When Atlanta Hawks coach Nate McMillan looked forward to Game 5 of the Eastern Conference playoff series against the Miami Heat at the FTX Arena on Tuesday night, it was a dej-decisive case. . . ugh.

Was there. Saw it. Lost it.

After being knocked out of the first round by the Heat at the start of the 2020 NBA Playoffs while coaching the Indiana Pacers, the defensive choke approach was once again an example of old becoming new.

McMillan said a constant element of the Heat and Eric Spoelstra scheme is buying parts to make it work.

So while Bam Adebayo and Jimmy Butler remain anchors, similar to how they were in 2020 against McMillan’s Pacers in the first round, the net thrown by the Heat front office reeled in defensive support to put McMillan’s team on heels. .

Once again, Spoelstra excelled as a puppeteer.

“It’s a system,” McMillan said, “his team is down 3-1 in the best-of-three series on Tuesday night. “This is a system that Miami has been playing with for several years. Of course, he works great with this team.

“But the system they use on defense, I ran into the same defense in Indiana a couple of years ago when I was in Indiana and we won the playoffs.”

At the same time, McMillan named the names of the defenders of the Heat, from Butler and Adebayo to PJ Tucker, Kyle Lowry, Gabe Vincent and Caleb Martin.
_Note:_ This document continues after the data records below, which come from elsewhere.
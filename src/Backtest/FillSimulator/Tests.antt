-- ===== src/Backtest/FillSimulator/Tests.antt =====
-- The fills at a concrete order.
use nano_trade.Base.{ℕ, ◌≡◌, ◌≤◌, ◌⊎◌, true, [], ◌∷◌, ◌+◌}
use nano_trade.Base.Int.{pos}
use nano_trade.Common.Types.{Side}
use nano_trade.Exchange.Messages.{
  MeClientRequest, ClientRequestType, MeMarketUpdate, MarketUpdateType,
}
use nano_trade.Trading.MarketOrder.{Bbo}
use nano_trade.Backtest.FillSimulator.{PendingOrder}
use nano_trade.Backtest.FillSimulator.Fills.{passive_run, passive_run-conserves}

abbrev buy : MeClientRequest
buy = record {
  type = ClientRequestType.new;
  client_id = 1;
  ticker_id = 0;
  order_id = 1;
  side = Side.buy;
  price = pos 100;
  qty = 10;
}

abbrev prices : Bbo
prices = record { bid_price = pos 98; ask_price = pos 99; bid_qty = 5; ask_qty = 7 }

-- Four are ahead of the order.
abbrev order : PendingOrder
order = record {
  req = buy;
  bbo_at_submit = prices;
  leaves_qty = 10;
  queue_ahead_qty = 4;
  priority_watermark = 20;
  queue_aware = true;
}

abbrev trade : (qty priority : ℕ) → MeMarketUpdate
trade qty priority = record {
  type = MarketUpdateType.trade;
  order_id = 9;
  ticker_id = 0;
  side = Side.buy;
  price = pos 100;
  qty = qty;
  priority = priority;
}

passive_run-conserves_example :
    let (po, filled) = passive_run order (trade 3 3 ∷ trade 3 4 ∷ trade 30 30 ∷ []) in
    (po.leaves_qty + filled ≡ 10)
    × (po.queue_ahead_qty ≤ 4)
    × ((filled ≡ 0) ⊎ (po.queue_ahead_qty ≡ 0))
passive_run-conserves_example =
    passive_run-conserves (trade 3 3 ∷ trade 3 4 ∷ trade 30 30 ∷ []) order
“Bam in that fifth position, his ability to switch to guards. You bring in a guy like Tucker. You bring Lowry. These guys are defensive,” McMillan said. “A few years ago they brought [Andre] Iguodala. Such guys.

“So, their defense that they play, they recruit personnel that match their system.”

In a way, McMillan was paying homage to the Heat’s collective approach, from Pat Riley onwards, and Spoelstra could move on to the next quarterback.

“They’re pretty solid, Butler mostly plays defensively,” McMillan said. “His ability to guard is from one to five. Bam’s ability to guard from one to five. Tucker’s ability to guard from one to five. You bring in a guy like Vincent instead of Lowry. His ability to hit the ball and pressure.

“So this is a system that has been in place in Miami for a while now. And they’re good at recruiting and finding guys that fit the system they want to play in.”

As the series progressed, Macmillan turned to the small ball in an attempt to change momentum. Instead, he found a large heat meter.

“They add speed,” he said. “A total of four guards.

And that came even after Kyle Lowry pulled out with a hamstring strain that sent him out of Game 5 again after missing out on Sunday’s Heat 4 game win when Vincent took over and brought in his own defensive energy.

After all, McMillian proved to be prescient, perhaps too prescient, when he offered his intelligence report on the Heat’s defense ahead of this series.

“They are boosting momentum with their pressure,” he said a week ago. “They are good at switching and Bam can guard from one to five. Therefore, we must force them to defend themselves. Get some ball movement. Be prepared for their changing defenses. They will move from the press to the zone.”

In the end, the Heat did all of the above, and all of the aforementioned players came out in waves against Young and the Hawks’ scorers.

“You have to give them credit,” Young said.